傅存远随口一问。
陆茫的目光在发信人的手机号码上扫过,然后将手机收回口袋里,说:“没什么,群发的过年短信。”
“弟——弟媳——来点炮仗啦!快点!”
傅乐时的声音从远处传来,远远地向他们招手。
农历新年即将到来。
大宅门口的车道上聚集了不少人,除了傅老爷子和傅家的兄弟姐妹以外,在傅家帮工的佣人们也都聚集到了一起。长长一串炮仗摆在水泥地上,如龙似蛇般蜿蜒盘踞起来。
指针在一片热闹气氛中踏过零点。傅静思划起一根火柴,猫着腰凑到那串炮仗末端,点燃了引子。
只听“呲”的一声响,火星在夜色中迸发,傅静思反应迅速地甩灭手里的火柴,三步并作两步撤了回来,抬手捂住耳朵。
几乎是同一时刻,第一声炮仗炸响在夜色中。
饶是有所准备,陆茫也被这声巨响吓了一跳,但下一秒,温热的掌心已经贴上他的耳朵,将劈里啪啦、越来越密集的爆炸声隔绝开来。

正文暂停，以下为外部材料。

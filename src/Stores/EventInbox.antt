-- ===== src/Stores/EventInbox.antt =====
-- The event inbox: web/src/stores/eventInboxStore.ts. A `set` call is a function from the state to
-- the next state; the time of receipt, read from the clock, is an argument.
pub mod Invariant
pub mod Traces
mod Examples
use linkflow_v.Prelude.{
  ℕ, ◌+◌, String, Bool, true, false, List, [], ◌∷◌, map, ◌==◌, any, take, if◌then◌else◌,
}
use linkflow_v.Js.Json.{Fields}

pub record DeviceEventReceivedPayload (N : Type 0) : Type 0 where
  pub tenant_id : String
  pub product_id : String
  pub device_id : String
  pub tenant_slug : String
  pub product_key : String
  pub device_slug : String
  pub event_name : String
  pub params : Fields N

pub record EventMeta : Type 0 where
  pub event_id : String
  pub occurred_at : String

pub record EventInboxItem (N : Type 0) : Type 0 where
  pub payload : DeviceEventReceivedPayload N
  pub open payload use *
  pub event_id : String
  pub occurred_at : String
  pub received_at : String
  pub read : Bool

pub record EventInboxState (N : Type 0) : Type 0 where
  pub items : List (EventInboxItem N)
  pub unread_count : ℕ

abbrev pub max_inbox_items : ℕ
max_inbox_items = 20

module _ {N : Type 0} where
  -- The sum of `reduce`, from the left, from 0.
  count_from : ℕ → List (EventInboxItem N) → ℕ
  count_from total [] = total
  count_from total (item ∷ items) = count_from (total + (if item.read then 0 else 1)) items

  pub count_unread : List (EventInboxItem N) → ℕ
  unfolding count_from
  count_unread items = count_from 0 items

  unfoldable pub initial : EventInboxState N
  initial = record { items = []; unread_count = 0 }

  abbrev pub has_event : String → List (EventInboxItem N) → Bool
  has_event id items = any (λ item. item.event_id == id) items

  -- The item that `pushEvent` adds.
  abbrev pub new_item : String → DeviceEventReceivedPayload N → EventMeta → EventInboxItem N
  new_item now payload meta = record {
    payload = payload;
    event_id = meta.event_id;
    occurred_at = meta.occurred_at;
    received_at = now;
    read = false;
  }

  unfoldable pub push_event :
      String → DeviceEventReceivedPayload N → EventMeta → EventInboxState N → EventInboxState N
  unfolding count_unread
  push_event now payload meta state =
      if has_event meta.event_id state.items
      then state
      else (let items = take max_inbox_items (new_item now payload meta ∷ state.items) in
          record { items = items; unread_count = count_unread items })

  abbrev pub as_read : EventInboxItem N → EventInboxItem N
  as_read item = if item.read then item else record item { read = true }

  unfoldable pub mark_all_read : EventInboxState N → EventInboxState N
  mark_all_read state = record { items = map as_read state.items; unread_count = 0 }

  abbrev pub as_read_if : String → EventInboxItem N → EventInboxItem N
  as_read_if id item = if item.event_id == id then record item { read = true } else item

  unfoldable pub mark_read : String → EventInboxState N → EventInboxState N
  unfolding count_unread
  mark_read id state =
      let items = map (as_read_if id) state.items in
      record { items = items; unread_count = count_unread items }
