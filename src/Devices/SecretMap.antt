-- ===== src/Devices/SecretMap.antt =====
-- The secrets of devices by id, `deviceSecretsById` of web/src/pages/Admin/DeviceManagement.tsx, as
-- an association list. The order of the keys is not read.
use linkflow_v.Prelude.{
  String, Option, none, some, List, [], ◌∷◌, ◌==◌, ◌≡◌, arith, eq_iff, not, keep, if◌then◌else◌,
}

pub record Secret : Type 0 where
  pub id : String
  pub secret : String

abbrev pub Secrets : Type 0
Secrets = List Secret

abbrev pub secret_of : String → Secrets → Option String
secret_of id [] = none
secret_of id (s ∷ secrets) =
    let rest = secret_of id secrets in if s.id == id then some s.secret else rest

-- `delete next[id]`.
abbrev pub delete_secret : String → Secrets → Secrets
delete_secret id secrets = keep (λ s. not (s.id == id)) secrets

-- `{ ...current, [id]: secret }`.
abbrev pub put_secret : String → String → Secrets → Secrets
put_secret id secret secrets = record { id = id; secret = secret } ∷ delete_secret id secrets

pub secret_of-delete_secret :
    (id j : String) (secrets : Secrets)
    → secret_of j (delete_secret id secrets) ≡ (if id == j then none else secret_of j secrets)
secret_of-delete_secret id j [] = ground arith
secret_of-delete_secret id j (s ∷ secrets) =
    ground (arith, eq_iff s.id id, eq_iff s.id j, eq_iff id j, secret_of-delete_secret id j secrets)
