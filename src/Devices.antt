-- ===== src/Devices.antt =====
-- The list of devices and its form: web/src/pages/Admin/DeviceManagement.tsx. Each `set` is a
-- change of one field; an asynchronous call has its answer as an argument.
pub mod SecretMap
pub mod Handlers
pub mod Effects
pub mod Live
pub mod Choice
mod Examples
use linkflow_v.Prelude.{
  change_row, ℕ, ◌-◌, String, Bool, true, false, not, ◌&&◌, Option, none, some, List, [], ◌∷◌, map,
  ◌==◌, any, eqb, ltb, length, if◌then◌else◌,
}
pub use linkflow_v.Answers.{
  Answer, answered, failed, Notice, success, error, FormMode, create, edit,
}
use linkflow_v.Js.Text.{trim}
use linkflow_v.Services.Call.{ApiCall, PageResult}
use linkflow_v.Services.Products.{Product}
use linkflow_v.Services.Devices.{
  DeviceStatus, active, Device, DeviceConnectionStatus, DeviceListParams, DeviceCreateInput,
  DeviceUpdateInput, DeviceCreateResult, DeviceDeleteResult, list_devices, create_device,
  update_device, delete_device,
}
use linkflow_v.Devices.SecretMap.{Secrets}

pub record DeviceFormState : Type 0 where
  pub product_id : String
  pub device_slug : String
  pub device_name : String
  pub description : String
  pub status : DeviceStatus
  pub gateway_device_id : String

abbrev pub empty_form : DeviceFormState
empty_form = record {
  product_id = "";
  device_slug = "";
  device_name = "";
  description = "";
  status = active;
  gateway_device_id = "";
}

-- The calls of the services.
pub data Sent : Type 0 where
  listed : ApiCall DeviceListParams → Sent
  created : ApiCall DeviceCreateInput → Sent
  updated : ApiCall DeviceUpdateInput → Sent
  deleted : ApiCall (Unit {0}) → Sent

pub record DevicePage : Type 0 where
  pub tenant_id : String
  pub products : List Product
  pub product_filter : String
  pub devices : List Device
  pub total : ℕ
  pub page : ℕ
  pub page_size : ℕ
  pub loading : Bool
  pub saving : Bool
  pub deleting_id : Option String
  pub form_mode : Option FormMode
  pub editing_device : Option Device
  pub form : DeviceFormState
  pub created_secret : String
  pub device_secrets_by_id : Secrets
  pub secret_dialog_device : Option Device
  -- The calls and the notifications, latest first.
  pub sent : List Sent
  pub notified : List Notice

-- `value ?? ''`.
abbrev pub or_empty : Option String → String
or_empty none = ""
or_empty (some s) = s

abbrev pub first_product_id : List Product → String
first_product_id [] = ""
first_product_id (p ∷ ps) = p.id

abbrev pub has_product : String → List Product → Bool
has_product id products = any (λ product. product.id == id) products

-- `a && b` of a text and a test.
abbrev pub chosen : String → List Product → Bool
chosen id products = not (id == "") && has_product id products

-- What the effect of a tenant does with the answer of `listProducts`.
unfoldable pub products_loaded : Bool → Answer (PageResult Product) → DevicePage → DevicePage
products_loaded true answer s = s
products_loaded false (answered result) s = record s {
  products = result.items;
  product_filter = if chosen s.product_filter result.items then s.product_filter else "";
  form = record (s.form) {
    product_id =
        if chosen s.form.product_id result.items
        then s.form.product_id
        else first_product_id result.items;
  };
}
products_loaded false (failed e) s = record s {
  notified = error "adminProductLoadFailed" e ∷ s.notified;
}

-- The parts of the payloads of the stream that the page reads, and the meta data of the envelope.
pub record ConnectionChange : Type 0 where
  pub device_id : String
  pub status : DeviceConnectionStatus

pub record StreamMeta : Type 0 where
  pub occurred_at : String
  pub meta_tenant_id : String

abbrev pub connection_changed : ConnectionChange → StreamMeta → Device → Device
connection_changed payload meta device = record device {
  connection_status = payload.status;
  last_seen_at = some meta.occurred_at;
  updated_at = meta.occurred_at;
}

abbrev pub device_seen : StreamMeta → Device → Device
device_seen meta device = record device {
  last_seen_at = some meta.occurred_at;
  updated_at = meta.occurred_at;
}

-- `setDevices` of both handlers: the list stays the same object if no device is changed.
abbrev pub change_device : String → (Device → Device) → List Device → List Device
change_device device_id change current =
    if any (λ device. device.id == device_id) current
    then change_row (λ device. device.id) device_id change current
    else current

unfoldable pub on_connection_changed : ConnectionChange → StreamMeta → DevicePage → DevicePage
on_connection_changed payload meta s =
    if not (meta.meta_tenant_id == s.tenant_id) then s else record s {
      devices = change_device payload.device_id (connection_changed payload meta) s.devices;
    }

unfoldable pub on_property_changed : String → StreamMeta → DevicePage → DevicePage
on_property_changed device_id meta s =
    if not (meta.meta_tenant_id == s.tenant_id)
    then s
    else record s { devices = change_device device_id (device_seen meta) s.devices }

unfoldable pub open_create_form : DevicePage → DevicePage
open_create_form s = record s {
  editing_device = none;
  created_secret = "";
  form = record empty_form {
    product_id = if s.product_filter == "" then first_product_id s.products else s.product_filter;
  };
  form_mode = some create;
}

unfoldable pub to_form_state : Device → DeviceFormState
to_form_state device = record {
  product_id = device.product_id;
  device_slug = device.device_slug;
  device_name = device.device_name;
  description = device.description;
  status = device.status;
  gateway_device_id = or_empty device.gateway_device_id;
}

unfoldable pub open_edit_form : Device → DevicePage → DevicePage
unfolding to_form_state
open_edit_form device s = record s {
  editing_device = some device;
  created_secret = "";
  form = to_form_state device;
  form_mode = some edit;
}

unfoldable pub close_form : DevicePage → DevicePage
close_form s = record s { form_mode = none; editing_device = none; form = empty_form }

unfoldable pub handle_tenant_change : String → DevicePage → DevicePage
unfolding close_form
handle_tenant_change next_tenant_id s =
    close_form (record s { tenant_id = next_tenant_id; product_filter = ""; page = 1 })

unfoldable pub handle_product_filter_change : String → DevicePage → DevicePage
handle_product_filter_change next_product_id s = record s {
  product_filter = next_product_id;
  page = 1;
}
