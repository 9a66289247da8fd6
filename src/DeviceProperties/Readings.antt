-- ===== src/DeviceProperties/Readings.antt =====
-- Reading the tenants, products, devices, model, latest properties and trend of
-- web/src/pages/Admin/DevicePropertyManagement.tsx, each cut at its `await`.
use linkflow_v.Prelude.{
  String, Bool, true, false, not, ◌&&◌, ◌||◌, Option, none, some, List, [], ◌∷◌, ◌==◌, any, find,
  if◌then◌else◌,
}
use linkflow_v.Js.Json.{Json}
use linkflow_v.Js.Object.{get}
use linkflow_v.Js.Number.{Numbers}
use linkflow_v.Answers.{Answer, answered, failed}
use linkflow_v.Services.Call.{PageResult}
use linkflow_v.Services.Tenants.{Tenant}
use linkflow_v.Services.Products.{Product, list_products}
use linkflow_v.Services.ThingsModels.{ThingsModel, list_things_models}
use linkflow_v.Services.Devices.{Device, list_devices}
use linkflow_v.DeviceProperties.Definitions.{services_of, default_property_set_text}
use linkflow_v.DeviceProperties.Inputs.{service_entries_of}
use linkflow_v.DeviceProperties.Choose.{default_params}
use linkflow_v.DeviceProperties.State.{
  DevicePropertyPage, products_listed, devices_listed, models_listed, selected_device, notify_error,
}

-- `value?.id || ''` of the first item, and `value || undefined`.
abbrev pub first_device_id : List Device → String
first_device_id [] = ""
first_device_id (device ∷ devices) = device.id

abbrev pub first_tenant_id : List Tenant → String
first_tenant_id [] = ""
first_tenant_id (tenant ∷ tenants) = tenant.id

abbrev pub none_if_empty : String → Option String
none_if_empty s = if s == "" then none else some s

-- The device that stays chosen, or the first one.
abbrev pub kept_device : String → List Device → String
kept_device current devices =
    if not (current == "") && any (λ device. device.id == current) devices
    then current
    else first_device_id devices

abbrev pub kept_product : String → List Product → String
kept_product current products =
    if not (current == "") && any (λ product. product.id == current) products then current else ""

-- `selectedDevice?.product_id || productFilter`.
abbrev pub product_of : Option Device → String → String
product_of none product_filter = product_filter
product_of (some device) product_filter =
    if device.product_id == "" then product_filter else device.product_id

abbrev pub first_name : {N : Type 0} → List (String × Json N) → String
first_name [] = ""
first_name (e ∷ es) = e.0

module _ {N : Type 0} where
  abbrev pub selected_product_id : DevicePropertyPage N → String
  selected_product_id s = product_of (selected_device s) s.product_filter

  unfoldable pub tenants_loaded :
      Bool → Answer (PageResult Tenant) → DevicePropertyPage N → DevicePropertyPage N
  tenants_loaded true a s = s
  tenants_loaded false (answered r) s = record s {
    tenants = r.items;
    tenant_id = if s.tenant_id == "" then first_tenant_id r.items else s.tenant_id;
  }
  tenants_loaded false (failed e) s = notify_error "adminTenantLoadFailed" e s

  unfoldable pub read_products : DevicePropertyPage N → DevicePropertyPage N
  read_products s =
      if s.tenant_id == "" then record s { products = []; product_filter = "" } else record s {
        sent =
            products_listed
              (list_products (record { tenant_id = s.tenant_id; page = 1; page_size = 100 }))
            ∷ s.sent;
      }

  unfoldable pub products_loaded :
      Bool → Answer (PageResult Product) → DevicePropertyPage N → DevicePropertyPage N
  products_loaded true a s = s
  products_loaded false (answered r) s = record s {
    products = r.items;
    product_filter = kept_product s.product_filter r.items;
  }
  products_loaded false (failed e) s = notify_error "adminProductLoadFailed" e s

  unfoldable pub load_selectable_devices : DevicePropertyPage N → DevicePropertyPage N
  load_selectable_devices s =
      if s.tenant_id == "" then record s { devices = []; device_id = "" } else record s {
        sent =
            devices_listed (
              list_devices (record {
                tenant_id = s.tenant_id;
                product_id = none_if_empty s.product_filter;
                page = 1;
                page_size = 100;
              }))
            ∷ s.sent;
      }

  unfoldable pub devices_loaded :
      Bool → Bool → Answer (PageResult Device) → DevicePropertyPage N → DevicePropertyPage N
  devices_loaded silent true a s = s
  devices_loaded silent false (answered r) s = record s {
    devices = r.items;
    device_id = kept_device s.device_id r.items;
  }
  devices_loaded silent false (failed e) s =
      if silent then s else notify_error "adminDeviceLoadFailed" e s

  abbrev pub clear_model : DevicePropertyPage N → DevicePropertyPage N
  clear_model s = record s {
    current_model = none;
    service_name = "";
    service_input_params = [];
    service_call_result = none;
    property_set_text = "{}";
    property_set_result = none;
  }

  unfoldable pub read_model : DevicePropertyPage N → DevicePropertyPage N
  read_model s =
      if s.tenant_id == "" || selected_product_id s == "" then clear_model s else record s {
        loading_services = true;
        sent =
            models_listed (
              list_things_models (record {
                tenant_id = s.tenant_id;
                product_id = some (selected_product_id s);
                page = 1;
                page_size = 100;
              }))
            ∷ s.sent;
      }

  -- The current model, with its first service chosen.
  abbrev pub use_model :
      Numbers N
      → (Json N → String)
      → (String → String)
      → Option (ThingsModel N)
      → DevicePropertyPage N
      → DevicePropertyPage N
  use_model ops stringify new_id next_model s =
      let next_service_name = first_name (service_entries_of next_model) in
      record s {
        current_model = next_model;
        property_set_text = default_property_set_text ops stringify next_model;
        property_set_result = none;
        service_name = next_service_name;
        service_input_params =
            default_params new_id next_service_name
              (get next_service_name (services_of next_model));
        service_call_result = none;
        loading_services = false;
      }

  unfoldable pub model_loaded :
      Numbers N
      → (Json N → String)
      → (String → String)
      → Bool
      → Answer (PageResult (ThingsModel N))
      → DevicePropertyPage N
      → DevicePropertyPage N
  model_loaded ops stringify new_id true a s = s
  model_loaded ops stringify new_id false (answered r) s =
      use_model ops stringify new_id (find (λ model. model.is_current) r.items) s
  model_loaded ops stringify new_id false (failed e) s =
      notify_error "adminThingsModelLoadFailed" e
        (record (clear_model s) { loading_services = false })
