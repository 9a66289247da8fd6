-- ===== src/DeviceProperties/Trend.antt =====
-- The latest properties and their trend, in web/src/pages/Admin/DevicePropertyManagement.tsx: what is
-- read, each reading cut at its `await`, and which properties the trend has.
use linkflow_v.Prelude.{
  String, Bool, true, false, ◌||◌, ◌&&◌, none, some, List, [], ◌∷◌, map, ◌==◌, any, keep, take, eqb,
  length, if◌then◌else◌,
}
use linkflow_v.Answers.{Answer, answered, failed}
use linkflow_v.Services.Call.{◌⧺◌}
use linkflow_v.Services.Devices.{
  DeviceLatestProperties, DevicePropertyTrend, DevicePropertyTrendParams,
  get_device_latest_properties, get_device_property_trend,
}
use linkflow_v.DeviceProperties.Definitions.{DeviceTrendPropertyOption, trend_property_options_of}
use linkflow_v.DeviceProperties.State.{
  DevicePropertyTab, latest, history, set, services, event_history, property_set_history,
  service_history, DevicePropertyTrendAggregate, avg, min, max, last, DevicePropertyPage,
  latest_read, trend_read, notify_error,
}

-- `properties.join(',')`.
abbrev pub join_names : List String → String
join_names [] = ""
join_names (name ∷ []) = name
join_names (name ∷ next ∷ names) = name ⧺ ("," ⧺ join_names (next ∷ names))

abbrev pub aggregate_text : DevicePropertyTrendAggregate → String
aggregate_text avg = "avg"
aggregate_text min = "min"
aggregate_text max = "max"
aggregate_text last = "last"

-- The effect that keeps the chosen properties among the options: if none is left, the first two.
abbrev pub kept_or_first : List String → List DeviceTrendPropertyOption → List String
kept_or_first [] options = map (λ option. option.key) (take 2 options)
kept_or_first (property ∷ properties) options = property ∷ properties

abbrev pub is_option : List DeviceTrendPropertyOption → String → Bool
is_option options property = any (λ option. option.key == property) options

-- The two lists have the same length and the same items.
abbrev pub same_names : List String → List String → Bool
same_names [] [] = true
same_names [] (b ∷ bs) = false
same_names (a ∷ rest) [] = false
same_names (a ∷ rest) (b ∷ bs) = a == b && same_names rest bs

unfoldable pub keep_properties : List DeviceTrendPropertyOption → List String → List String
keep_properties options current =
    if same_names (keep (is_option options) current) current
    then current
    else kept_or_first (keep (is_option options) current) options

module _ {N : Type 0} where
  unfoldable pub trend_properties_effect : DevicePropertyPage N → DevicePropertyPage N
  trend_properties_effect s = record s {
    trend_properties =
        keep_properties (trend_property_options_of s.current_model s.latest_properties)
          s.trend_properties;
  }

  unfoldable pub load_latest_properties :
      String → Bool → DevicePropertyPage N → DevicePropertyPage N
  load_latest_properties next_device_id silent s =
      if next_device_id == "" then record s { latest_properties = none } else record s {
        loading_latest = if silent then s.loading_latest else true;
        sent = latest_read (get_device_latest_properties next_device_id) ∷ s.sent;
      }

  abbrev pub latest_or :
      Bool → Bool → Answer (DeviceLatestProperties N) → DevicePropertyPage N → DevicePropertyPage N
  latest_or silent true a s = s
  latest_or silent false (answered r) s = record s { latest_properties = some r }
  latest_or silent false (failed e) s =
      if silent then s else notify_error "adminDevicePropertyLatestFailed" e s

  unfoldable pub latest_loaded :
      Bool → Bool → Answer (DeviceLatestProperties N) → DevicePropertyPage N → DevicePropertyPage N
  latest_loaded silent cancelled a s =
      let s' = latest_or silent cancelled a s in
      if silent then s' else record s' { loading_latest = false }

  -- The end of the effect.
  unfoldable pub latest_effect_loaded :
      Bool → Answer (DeviceLatestProperties N) → DevicePropertyPage N → DevicePropertyPage N
  latest_effect_loaded true a s = s
  latest_effect_loaded false a s = record (latest_or false false a s) { loading_latest = false }

  abbrev pub trend_or :
      Bool → Bool → Answer (DevicePropertyTrend N) → DevicePropertyPage N → DevicePropertyPage N
  trend_or silent true a s = s
  trend_or silent false (answered r) s = record s { trend = some r }
  trend_or silent false (failed e) s =
      if silent then s else notify_error "adminDevicePropertyTrendFailed" e s

  unfoldable pub trend_loaded :
      Bool → Bool → Answer (DevicePropertyTrend N) → DevicePropertyPage N → DevicePropertyPage N
  trend_loaded silent cancelled a s =
      let s' = trend_or silent cancelled a s in
      if silent then s' else record s' { loading_trend = false }

  unfoldable pub trend_effect_loaded :
      Bool → Answer (DevicePropertyTrend N) → DevicePropertyPage N → DevicePropertyPage N
  trend_effect_loaded true a s = s
  trend_effect_loaded false a s = record (trend_or false false a s) { loading_trend = false }

  -- `to_iso` is `dateTimeLocalToISOString`, which gives the empty text for no date.
  module _ (to_iso : String → String) where
    abbrev pub trend_params : DevicePropertyPage N → DevicePropertyTrendParams
    trend_params s = record {
      properties = join_names s.trend_properties;
      from = to_iso s.trend_range.from;
      to = to_iso s.trend_range.to;
      bucket_seconds = s.trend_bucket_seconds;
      agg = aggregate_text s.trend_aggregate;
    }

    abbrev pub no_range : DevicePropertyPage N → Bool
    no_range s = to_iso s.trend_range.from == "" || to_iso s.trend_range.to == ""

    unfoldable pub load_property_trend : String → Bool → DevicePropertyPage N → DevicePropertyPage N
    load_property_trend next_device_id silent s =
        if next_device_id == "" || eqb (length s.trend_properties) 0
        then record s { trend = none }
        else if no_range s
        then record s { trend = none }
        else record s {
          loading_trend = if silent then s.loading_trend else true;
          sent = trend_read (get_device_property_trend next_device_id (trend_params s)) ∷ s.sent;
        }

    -- The effect of the trend: without a range it ends at once.
    unfoldable pub read_trend_on : DevicePropertyTab → DevicePropertyPage N → DevicePropertyPage N
    read_trend_on history s =
        if s.device_id == "" || eqb (length s.trend_properties) 0
        then record s { trend = none }
        else if no_range s
        then record s { trend = none; loading_trend = false }
        else record s {
          loading_trend = true;
          sent = trend_read (get_device_property_trend s.device_id (trend_params s)) ∷ s.sent;
        }
    read_trend_on latest s = s
    read_trend_on set s = s
    read_trend_on services s = s
    read_trend_on event_history s = s
    read_trend_on property_set_history s = s
    read_trend_on service_history s = s
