-- ===== src/DeviceProperties/Live.antt =====
-- What events of the stream, through the inbox and directly, change on the page of
-- web/src/pages/Admin/DevicePropertyManagement.tsx.
use linkflow_v.Prelude.{
  ℕ, ◌+◌, String, Bool, true, false, not, ◌&&◌, ◌||◌, Option, none, some, List, ◌∷◌, map, ◌==◌, any,
  take, eqb, if◌then◌else◌,
}
use linkflow_v.Js.Json.{Fields}
use linkflow_v.Js.Text.{trim}
use linkflow_v.Answers.{Answer, answered, failed}
use linkflow_v.Services.Devices.{
  DeviceEventEntry, DeviceLatestProperties, get_device_latest_properties,
}
use linkflow_v.Stores.EventInbox.{EventInboxItem}
use linkflow_v.Devices.{ConnectionChange, StreamMeta, connection_changed}
use linkflow_v.DeviceProperties.State.{
  DevicePropertyTab, latest, history, set, services, event_history, property_set_history,
  service_history, DevicePropertyPage, latest_read, notify_error,
}
use linkflow_v.DeviceProperties.Histories.{
  HistoryOptions, load_event_history, load_property_set_history, load_service_history,
}
use linkflow_v.DeviceProperties.Readings.{load_selectable_devices}
use linkflow_v.DeviceProperties.Trend.{load_latest_properties, load_property_trend}

-- `realtimeFallbackRefreshMs` and `isRealtimeFallbackStatus` are in components/RealtimeStatusBadge.tsx.
abbrev pub is_event_history : DevicePropertyTab → Bool
is_event_history event_history = true
is_event_history latest = false
is_event_history history = false
is_event_history set = false
is_event_history services = false
is_event_history property_set_history = false
is_event_history service_history = false

-- The payload of a change of properties, as the page reads it.
pub record PropertyChange (N : Type 0) : Type 0 where
  pub tenant_id : String
  pub product_id : String
  pub device_id : String
  pub product_key : String
  pub device_slug : String
  pub properties : Fields N

-- What the timer reads while the stream is down.
abbrev pub silently : HistoryOptions
silently = record { page = none; silent = true }

module _ {N : Type 0} where
  abbrev pub entry_of : EventInboxItem N → DeviceEventEntry N
  entry_of item = record {
    event_id = item.event_id;
    tenant_id = item.tenant_id;
    product_id = item.product_id;
    product_key = item.product_key;
    device_slug = item.device_slug;
    event_name = item.event_name;
    params = item.params;
    occurred_at = item.occurred_at;
    received_at = item.received_at;
  }

  unfoldable pub add_entry :
      ℕ → EventInboxItem N → List (DeviceEventEntry N) → List (DeviceEventEntry N)
  add_entry page_size item current =
      if any (λ entry. entry.event_id == item.event_id) current
      then current
      else take page_size (entry_of item ∷ current)

  -- The event is for the first page of the history that is on the screen, and passes its filter.
  unfoldable pub is_for : DevicePropertyTab → ℕ → String → String → EventInboxItem N → Bool
  is_for active_tab event_page device_id event_name_filter item =
      (is_event_history active_tab && eqb event_page 1)
      && (item.device_id == device_id
          && (trim event_name_filter == "" || item.event_name == trim event_name_filter))

  abbrev pub is_shown : DevicePropertyPage N → EventInboxItem N → Bool
  is_shown s = is_for s.active_tab s.events.page s.device_id s.events.name_filter

  -- The effect of the inbox's latest event.
  unfoldable pub inbox_effect :
      Option (EventInboxItem N) → DevicePropertyPage N → DevicePropertyPage N
  inbox_effect none s = s
  inbox_effect (some item) s = if not (is_shown s item) then s else record s {
    events = record (s.events) {
      entries = add_entry s.events.page_size item s.events.entries;
      total = s.events.total + 1;
    };
  }

  unfoldable pub on_connection_changed :
      ConnectionChange → StreamMeta → DevicePropertyPage N → DevicePropertyPage N
  on_connection_changed payload meta s =
      if not (meta.meta_tenant_id == s.tenant_id) then s else record s {
        devices =
            map
              (λ device.
                if device.id == payload.device_id
                then connection_changed payload meta device
                else device)
              s.devices;
      }

  abbrev pub reported : PropertyChange N → StreamMeta → DeviceLatestProperties N
  reported payload meta = record {
    id = payload.device_id;
    tenant_id = payload.tenant_id;
    product_id = payload.product_id;
    product_key = payload.product_key;
    device_slug = payload.device_slug;
    reported = true;
    properties = payload.properties;
    occurred_at = some meta.occurred_at;
    received_at = some meta.occurred_at;
  }

  unfoldable pub on_property_changed :
      PropertyChange N → StreamMeta → DevicePropertyPage N → DevicePropertyPage N
  on_property_changed payload meta s =
      if not (meta.meta_tenant_id == s.tenant_id) || not (payload.device_id == s.device_id)
      then s
      else record s {
        latest_properties = some (reported payload meta);
        sent = latest_read (get_device_latest_properties payload.device_id) ∷ s.sent;
      }

  -- The answer to the reading that a change of properties starts.
  unfoldable pub changed_read :
      Answer (DeviceLatestProperties N) → DevicePropertyPage N → DevicePropertyPage N
  changed_read (answered r) s = record s { latest_properties = some r }
  changed_read (failed e) s = notify_error "adminDevicePropertyLatestFailed" e s

  abbrev pub refresh_tab :
      (String → String) → DevicePropertyTab → DevicePropertyPage N → DevicePropertyPage N
  refresh_tab to_iso history s = load_property_trend to_iso s.device_id true s
  refresh_tab to_iso event_history s = load_event_history s s.device_id silently s
  refresh_tab to_iso property_set_history s = load_property_set_history s s.device_id silently s
  refresh_tab to_iso service_history s = load_service_history s s.device_id silently s
  refresh_tab to_iso latest s = s
  refresh_tab to_iso set s = s
  refresh_tab to_iso services s = s

  unfoldable pub refresh : (String → String) → DevicePropertyPage N → DevicePropertyPage N
  refresh to_iso s =
      let s' = load_selectable_devices s in
      if s.device_id == ""
      then s'
      else refresh_tab to_iso s.active_tab (load_latest_properties s.device_id true s')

空气里传来干燥而焦灼的火药味,炮仗燃烧的烟雾被北风吹散。远处似乎也有鞭炮声响起,声音一浪接一浪地叠在一起。
刹那间,他像是坠入一个朦朦胧胧的梦中。
陆茫抬头,傅存远也在看他,那人说了句什么,但炮仗声音太大了,加上耳朵被捂着,陆茫其实没有听清楚,只能看见傅存远的嘴在视线中张张合合。
应该是……新年快乐。
漫长的一分多钟后,万响炮仗的最后一截如同撕裂夜色般酣畅淋漓地炸完。
贴着耳朵的掌心松开,四周终于安静下来,但耳边似乎仍有余音未散去。
“新年快乐,万事如意。”
傅静思的声音响起,他手里拿着一沓厚厚的利是封,一个个派给帮佣们。而帮佣的感谢和祝福也不断地传入耳中。
“阿茫。”
一声呼喊传入耳中,陆茫循声望去,发现坐在轮椅上的傅越戎正望着他。
两人视线相对,傅越戎便对他招招手。陆茫赶忙走过去。
只见傅越戎接过身后管家递来的利是封,然后转手塞到他手里,说:“新年快乐。好好比赛,好好相处。”
那个红包压在掌心异常坠手,而且摸上去不是平整的,似乎里面装的不是纸币。陆茫一下子分辨不出是什么,但还是恭敬地道了谢。
“多谢傅老先生。”
傅越戎摆摆手,表示不用这么客套。“你跟阿远一样叫我爷爷或者阿爷就好,”他拍拍陆茫的手,“我要先休息了,你们年轻人自己看着办吧。”
陆茫短暂地停顿后,看着傅越戎开口道:“好的阿爷。”
管家推着轮椅消失在大宅里。陆茫拿着傅越戎给的利是封回到傅存远身边,向后者报告:“爷爷给的,里面好像有什么东西。”
这个称呼让傅存远心情变得十分美丽,他抬手隔着利是封摸了摸,不出一秒就大概猜出里面装的什么了,不由心想家里老人送礼的作风还是这么直接彪悍。